# Exercise:
Could you set down exactly the lines in the records below between the line holding "IsFilter u (both" and the line holding "word-is_keyword : (w", inclusive?

# Records provided:
────────

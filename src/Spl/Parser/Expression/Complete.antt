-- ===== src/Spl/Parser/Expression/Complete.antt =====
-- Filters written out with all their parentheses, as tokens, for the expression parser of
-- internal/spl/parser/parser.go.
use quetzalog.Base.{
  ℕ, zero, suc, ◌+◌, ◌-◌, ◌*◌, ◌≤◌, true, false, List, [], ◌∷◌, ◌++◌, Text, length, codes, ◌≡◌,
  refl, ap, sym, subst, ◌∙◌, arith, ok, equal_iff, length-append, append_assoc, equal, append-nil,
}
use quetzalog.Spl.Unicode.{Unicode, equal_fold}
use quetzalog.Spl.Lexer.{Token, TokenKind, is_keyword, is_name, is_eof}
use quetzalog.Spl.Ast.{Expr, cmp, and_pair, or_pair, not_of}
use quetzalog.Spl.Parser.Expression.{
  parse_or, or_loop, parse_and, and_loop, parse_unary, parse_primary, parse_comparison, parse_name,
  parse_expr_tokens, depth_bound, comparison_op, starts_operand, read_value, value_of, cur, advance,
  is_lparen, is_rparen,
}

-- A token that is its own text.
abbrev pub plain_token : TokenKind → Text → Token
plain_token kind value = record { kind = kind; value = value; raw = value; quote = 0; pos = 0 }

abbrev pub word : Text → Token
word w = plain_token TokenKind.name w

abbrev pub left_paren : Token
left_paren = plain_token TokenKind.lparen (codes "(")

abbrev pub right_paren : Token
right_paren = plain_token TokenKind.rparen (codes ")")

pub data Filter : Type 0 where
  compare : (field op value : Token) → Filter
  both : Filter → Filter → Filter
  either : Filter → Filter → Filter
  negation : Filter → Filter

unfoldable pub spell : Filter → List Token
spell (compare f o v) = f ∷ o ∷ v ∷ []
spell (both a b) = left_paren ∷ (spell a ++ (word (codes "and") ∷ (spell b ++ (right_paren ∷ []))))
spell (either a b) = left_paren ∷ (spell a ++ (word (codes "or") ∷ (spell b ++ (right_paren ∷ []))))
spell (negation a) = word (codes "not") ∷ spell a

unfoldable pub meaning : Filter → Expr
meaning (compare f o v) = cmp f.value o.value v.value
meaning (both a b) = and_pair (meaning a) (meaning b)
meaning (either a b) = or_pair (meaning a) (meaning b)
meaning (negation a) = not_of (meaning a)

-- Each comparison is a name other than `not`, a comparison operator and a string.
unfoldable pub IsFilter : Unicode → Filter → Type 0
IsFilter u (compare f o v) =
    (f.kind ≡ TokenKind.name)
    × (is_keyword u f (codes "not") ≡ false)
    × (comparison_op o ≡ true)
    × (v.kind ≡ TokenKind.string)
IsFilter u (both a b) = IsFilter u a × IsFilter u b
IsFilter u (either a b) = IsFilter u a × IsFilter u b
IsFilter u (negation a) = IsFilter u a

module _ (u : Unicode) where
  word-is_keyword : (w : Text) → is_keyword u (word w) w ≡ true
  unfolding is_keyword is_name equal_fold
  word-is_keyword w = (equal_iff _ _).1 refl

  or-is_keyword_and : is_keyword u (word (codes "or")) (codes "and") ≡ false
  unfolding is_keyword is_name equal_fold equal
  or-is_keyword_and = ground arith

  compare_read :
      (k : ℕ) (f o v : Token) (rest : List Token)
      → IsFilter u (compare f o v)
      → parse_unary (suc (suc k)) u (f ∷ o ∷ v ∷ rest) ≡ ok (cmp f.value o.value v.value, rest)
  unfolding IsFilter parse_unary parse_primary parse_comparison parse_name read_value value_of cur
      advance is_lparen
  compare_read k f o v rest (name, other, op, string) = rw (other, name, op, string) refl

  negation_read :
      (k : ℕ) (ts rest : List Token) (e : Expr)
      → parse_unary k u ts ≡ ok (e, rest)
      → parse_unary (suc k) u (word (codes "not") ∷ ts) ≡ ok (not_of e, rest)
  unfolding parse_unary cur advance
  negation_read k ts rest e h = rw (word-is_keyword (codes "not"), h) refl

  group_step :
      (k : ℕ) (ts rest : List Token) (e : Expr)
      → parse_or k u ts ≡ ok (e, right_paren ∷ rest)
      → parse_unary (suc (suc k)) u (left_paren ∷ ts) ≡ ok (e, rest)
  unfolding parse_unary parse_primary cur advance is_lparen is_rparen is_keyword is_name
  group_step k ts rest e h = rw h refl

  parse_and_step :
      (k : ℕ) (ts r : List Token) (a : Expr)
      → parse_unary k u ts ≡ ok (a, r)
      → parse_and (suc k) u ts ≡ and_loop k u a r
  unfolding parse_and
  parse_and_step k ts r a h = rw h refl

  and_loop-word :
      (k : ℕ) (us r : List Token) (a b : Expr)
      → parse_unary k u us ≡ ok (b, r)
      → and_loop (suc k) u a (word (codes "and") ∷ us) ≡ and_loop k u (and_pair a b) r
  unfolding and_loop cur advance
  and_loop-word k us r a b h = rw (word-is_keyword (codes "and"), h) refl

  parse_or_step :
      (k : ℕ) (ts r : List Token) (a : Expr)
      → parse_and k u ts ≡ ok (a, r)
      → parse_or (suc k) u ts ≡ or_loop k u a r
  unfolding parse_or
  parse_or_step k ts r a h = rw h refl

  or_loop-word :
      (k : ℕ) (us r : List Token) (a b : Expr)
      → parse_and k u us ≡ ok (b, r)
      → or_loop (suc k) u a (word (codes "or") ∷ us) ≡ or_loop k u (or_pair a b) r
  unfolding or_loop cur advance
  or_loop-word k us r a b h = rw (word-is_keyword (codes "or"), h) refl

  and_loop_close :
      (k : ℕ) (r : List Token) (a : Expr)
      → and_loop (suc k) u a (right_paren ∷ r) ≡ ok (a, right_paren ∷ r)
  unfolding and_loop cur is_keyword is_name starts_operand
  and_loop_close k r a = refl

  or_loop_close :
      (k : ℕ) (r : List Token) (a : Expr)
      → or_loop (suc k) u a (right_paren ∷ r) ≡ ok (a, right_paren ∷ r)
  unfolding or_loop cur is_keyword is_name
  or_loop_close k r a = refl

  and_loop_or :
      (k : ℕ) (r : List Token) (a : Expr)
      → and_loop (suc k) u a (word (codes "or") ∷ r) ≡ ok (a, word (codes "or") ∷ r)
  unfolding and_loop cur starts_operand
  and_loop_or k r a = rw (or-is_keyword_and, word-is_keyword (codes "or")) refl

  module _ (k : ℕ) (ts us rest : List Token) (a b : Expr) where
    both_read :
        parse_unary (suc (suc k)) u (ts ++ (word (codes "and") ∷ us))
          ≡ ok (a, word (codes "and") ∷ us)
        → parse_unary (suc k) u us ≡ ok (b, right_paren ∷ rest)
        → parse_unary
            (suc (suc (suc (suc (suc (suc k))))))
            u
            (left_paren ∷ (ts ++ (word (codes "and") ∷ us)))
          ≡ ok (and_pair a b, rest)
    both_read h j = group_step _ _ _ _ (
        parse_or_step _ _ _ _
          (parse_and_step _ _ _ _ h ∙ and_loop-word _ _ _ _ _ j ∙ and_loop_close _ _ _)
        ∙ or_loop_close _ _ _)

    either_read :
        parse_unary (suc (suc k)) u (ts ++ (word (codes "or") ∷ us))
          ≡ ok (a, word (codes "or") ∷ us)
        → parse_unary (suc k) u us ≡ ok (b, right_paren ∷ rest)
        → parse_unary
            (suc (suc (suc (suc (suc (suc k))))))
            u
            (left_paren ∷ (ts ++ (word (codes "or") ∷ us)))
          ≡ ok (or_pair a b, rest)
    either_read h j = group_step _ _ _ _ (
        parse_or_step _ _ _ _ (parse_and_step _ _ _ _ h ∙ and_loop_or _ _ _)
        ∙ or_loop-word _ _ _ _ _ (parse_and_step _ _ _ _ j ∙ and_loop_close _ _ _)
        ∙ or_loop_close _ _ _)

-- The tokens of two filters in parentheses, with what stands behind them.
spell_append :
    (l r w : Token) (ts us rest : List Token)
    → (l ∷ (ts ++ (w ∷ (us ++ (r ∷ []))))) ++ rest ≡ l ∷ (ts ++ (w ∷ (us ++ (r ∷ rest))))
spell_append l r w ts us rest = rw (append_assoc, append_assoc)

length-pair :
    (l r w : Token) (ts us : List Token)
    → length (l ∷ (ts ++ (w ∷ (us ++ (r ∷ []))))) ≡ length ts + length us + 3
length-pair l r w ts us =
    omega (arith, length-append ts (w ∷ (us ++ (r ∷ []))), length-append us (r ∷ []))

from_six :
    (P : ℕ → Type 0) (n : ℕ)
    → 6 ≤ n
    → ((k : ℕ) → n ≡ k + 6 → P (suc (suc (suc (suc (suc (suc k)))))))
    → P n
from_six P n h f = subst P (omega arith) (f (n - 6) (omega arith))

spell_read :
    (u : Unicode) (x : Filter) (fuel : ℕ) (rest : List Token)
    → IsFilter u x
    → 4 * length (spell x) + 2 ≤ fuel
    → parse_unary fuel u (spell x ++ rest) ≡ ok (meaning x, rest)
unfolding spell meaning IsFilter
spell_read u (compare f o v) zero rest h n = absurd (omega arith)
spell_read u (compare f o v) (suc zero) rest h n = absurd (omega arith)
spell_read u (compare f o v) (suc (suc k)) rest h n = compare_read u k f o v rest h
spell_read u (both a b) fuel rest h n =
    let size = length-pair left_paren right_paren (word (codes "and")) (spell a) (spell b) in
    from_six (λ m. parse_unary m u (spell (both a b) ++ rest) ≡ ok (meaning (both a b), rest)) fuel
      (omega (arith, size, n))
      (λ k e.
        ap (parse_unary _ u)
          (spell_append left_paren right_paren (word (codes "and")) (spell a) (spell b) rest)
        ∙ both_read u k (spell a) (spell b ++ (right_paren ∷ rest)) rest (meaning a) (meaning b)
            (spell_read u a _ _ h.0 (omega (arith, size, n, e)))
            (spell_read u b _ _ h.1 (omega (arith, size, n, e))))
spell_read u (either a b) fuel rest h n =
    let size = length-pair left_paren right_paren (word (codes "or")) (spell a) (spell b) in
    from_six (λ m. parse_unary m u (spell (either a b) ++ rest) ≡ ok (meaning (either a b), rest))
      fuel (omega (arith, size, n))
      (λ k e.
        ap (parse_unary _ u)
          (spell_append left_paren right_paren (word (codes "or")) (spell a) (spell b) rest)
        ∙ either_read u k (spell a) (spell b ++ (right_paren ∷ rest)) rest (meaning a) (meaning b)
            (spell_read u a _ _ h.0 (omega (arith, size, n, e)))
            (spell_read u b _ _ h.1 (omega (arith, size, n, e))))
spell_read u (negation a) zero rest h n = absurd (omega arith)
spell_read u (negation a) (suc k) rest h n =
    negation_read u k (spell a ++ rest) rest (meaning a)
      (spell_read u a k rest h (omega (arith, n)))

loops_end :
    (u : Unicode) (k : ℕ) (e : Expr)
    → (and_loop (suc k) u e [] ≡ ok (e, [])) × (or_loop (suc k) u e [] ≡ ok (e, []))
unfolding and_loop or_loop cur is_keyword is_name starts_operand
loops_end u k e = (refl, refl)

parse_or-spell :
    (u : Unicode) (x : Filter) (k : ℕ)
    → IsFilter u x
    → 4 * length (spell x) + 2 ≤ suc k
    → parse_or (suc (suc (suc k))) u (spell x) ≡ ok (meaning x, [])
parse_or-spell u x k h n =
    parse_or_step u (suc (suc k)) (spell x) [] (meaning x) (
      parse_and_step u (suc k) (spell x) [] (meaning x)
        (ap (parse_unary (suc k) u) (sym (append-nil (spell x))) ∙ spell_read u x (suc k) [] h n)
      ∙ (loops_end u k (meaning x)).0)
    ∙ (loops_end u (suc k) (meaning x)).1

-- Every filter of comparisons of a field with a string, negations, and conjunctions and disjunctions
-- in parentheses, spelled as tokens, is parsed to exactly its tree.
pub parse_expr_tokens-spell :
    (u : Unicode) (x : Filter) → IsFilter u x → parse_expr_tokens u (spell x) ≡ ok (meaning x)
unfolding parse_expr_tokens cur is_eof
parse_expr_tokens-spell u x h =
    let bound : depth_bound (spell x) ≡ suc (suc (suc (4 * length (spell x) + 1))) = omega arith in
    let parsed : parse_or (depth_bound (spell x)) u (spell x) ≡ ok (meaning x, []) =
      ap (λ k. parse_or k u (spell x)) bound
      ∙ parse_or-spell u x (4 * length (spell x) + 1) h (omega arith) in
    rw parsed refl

────────

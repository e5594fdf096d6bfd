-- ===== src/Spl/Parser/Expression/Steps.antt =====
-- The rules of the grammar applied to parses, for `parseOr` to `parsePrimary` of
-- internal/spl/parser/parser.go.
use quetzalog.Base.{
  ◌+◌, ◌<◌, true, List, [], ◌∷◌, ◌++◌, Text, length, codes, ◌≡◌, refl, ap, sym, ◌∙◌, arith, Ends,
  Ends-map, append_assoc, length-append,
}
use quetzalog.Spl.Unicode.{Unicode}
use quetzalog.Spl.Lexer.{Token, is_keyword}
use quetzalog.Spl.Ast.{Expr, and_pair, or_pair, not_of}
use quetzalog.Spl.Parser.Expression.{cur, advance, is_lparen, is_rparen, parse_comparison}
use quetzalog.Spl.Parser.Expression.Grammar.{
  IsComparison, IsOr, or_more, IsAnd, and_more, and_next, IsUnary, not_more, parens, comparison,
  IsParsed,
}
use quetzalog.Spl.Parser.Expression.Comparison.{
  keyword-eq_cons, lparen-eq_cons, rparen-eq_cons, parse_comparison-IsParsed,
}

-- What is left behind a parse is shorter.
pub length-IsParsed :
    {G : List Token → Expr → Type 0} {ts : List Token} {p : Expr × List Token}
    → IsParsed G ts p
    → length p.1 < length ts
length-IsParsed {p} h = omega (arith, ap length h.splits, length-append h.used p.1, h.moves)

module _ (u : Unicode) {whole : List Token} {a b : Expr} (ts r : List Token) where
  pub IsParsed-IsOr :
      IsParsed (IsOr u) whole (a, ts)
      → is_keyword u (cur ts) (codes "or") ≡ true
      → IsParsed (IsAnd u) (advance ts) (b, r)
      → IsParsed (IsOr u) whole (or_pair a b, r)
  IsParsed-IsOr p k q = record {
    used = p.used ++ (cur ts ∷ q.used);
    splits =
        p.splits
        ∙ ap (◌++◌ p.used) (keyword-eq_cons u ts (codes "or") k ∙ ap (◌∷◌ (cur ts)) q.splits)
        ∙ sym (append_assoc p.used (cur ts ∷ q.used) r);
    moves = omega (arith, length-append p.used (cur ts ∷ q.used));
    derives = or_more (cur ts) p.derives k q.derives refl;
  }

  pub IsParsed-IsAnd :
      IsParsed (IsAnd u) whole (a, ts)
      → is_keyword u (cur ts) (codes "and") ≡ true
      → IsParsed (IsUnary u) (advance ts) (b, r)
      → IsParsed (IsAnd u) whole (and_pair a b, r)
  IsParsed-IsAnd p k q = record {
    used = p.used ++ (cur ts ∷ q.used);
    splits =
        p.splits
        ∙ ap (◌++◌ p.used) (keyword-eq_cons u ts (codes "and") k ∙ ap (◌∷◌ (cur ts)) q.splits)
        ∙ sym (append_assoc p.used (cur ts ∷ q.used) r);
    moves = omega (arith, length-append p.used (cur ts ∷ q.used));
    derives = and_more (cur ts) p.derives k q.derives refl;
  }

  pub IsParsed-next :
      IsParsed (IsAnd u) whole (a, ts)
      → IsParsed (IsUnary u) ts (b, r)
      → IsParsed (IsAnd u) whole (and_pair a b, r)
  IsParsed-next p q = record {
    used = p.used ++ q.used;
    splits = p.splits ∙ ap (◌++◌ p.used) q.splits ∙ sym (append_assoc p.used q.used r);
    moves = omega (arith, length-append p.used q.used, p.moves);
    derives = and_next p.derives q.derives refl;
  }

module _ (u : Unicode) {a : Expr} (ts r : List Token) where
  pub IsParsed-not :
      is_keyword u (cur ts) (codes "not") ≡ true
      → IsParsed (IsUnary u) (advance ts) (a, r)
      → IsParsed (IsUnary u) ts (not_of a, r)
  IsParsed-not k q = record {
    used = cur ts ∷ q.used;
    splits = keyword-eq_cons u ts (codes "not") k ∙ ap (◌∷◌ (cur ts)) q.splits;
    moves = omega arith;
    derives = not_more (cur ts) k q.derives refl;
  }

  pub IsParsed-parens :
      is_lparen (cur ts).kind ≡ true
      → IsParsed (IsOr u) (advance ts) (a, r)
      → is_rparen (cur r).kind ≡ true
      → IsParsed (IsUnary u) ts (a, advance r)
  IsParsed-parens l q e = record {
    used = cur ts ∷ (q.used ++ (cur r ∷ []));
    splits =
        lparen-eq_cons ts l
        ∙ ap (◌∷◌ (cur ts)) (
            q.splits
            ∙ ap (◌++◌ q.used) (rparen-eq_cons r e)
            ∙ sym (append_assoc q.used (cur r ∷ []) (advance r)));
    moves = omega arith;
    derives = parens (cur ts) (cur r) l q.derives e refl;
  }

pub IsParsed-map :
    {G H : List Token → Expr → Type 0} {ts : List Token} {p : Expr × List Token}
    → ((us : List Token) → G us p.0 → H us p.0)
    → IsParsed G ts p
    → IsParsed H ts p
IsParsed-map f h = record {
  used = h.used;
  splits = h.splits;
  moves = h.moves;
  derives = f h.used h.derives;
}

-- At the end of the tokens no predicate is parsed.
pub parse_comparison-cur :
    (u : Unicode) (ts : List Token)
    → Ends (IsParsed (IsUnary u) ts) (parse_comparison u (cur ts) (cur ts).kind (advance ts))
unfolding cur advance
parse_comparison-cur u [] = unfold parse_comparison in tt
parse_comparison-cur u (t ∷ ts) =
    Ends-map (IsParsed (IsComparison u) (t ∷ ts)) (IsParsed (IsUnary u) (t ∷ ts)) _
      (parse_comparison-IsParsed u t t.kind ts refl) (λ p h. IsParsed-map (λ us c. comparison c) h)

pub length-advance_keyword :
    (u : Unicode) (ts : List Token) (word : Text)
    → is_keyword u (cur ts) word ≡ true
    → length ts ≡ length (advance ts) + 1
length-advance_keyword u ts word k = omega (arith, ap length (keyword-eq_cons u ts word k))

────────

# Task result:
IsFilter u (both a b) = IsFilter u a × IsFilter u b
IsFilter u (either a b) = IsFilter u a × IsFilter u b
IsFilter u (negation a) = IsFilter u a

module _ (u : Unicode) where
  word-is_keyword : (w : Text) → is_keyword u (word w) w ≡ true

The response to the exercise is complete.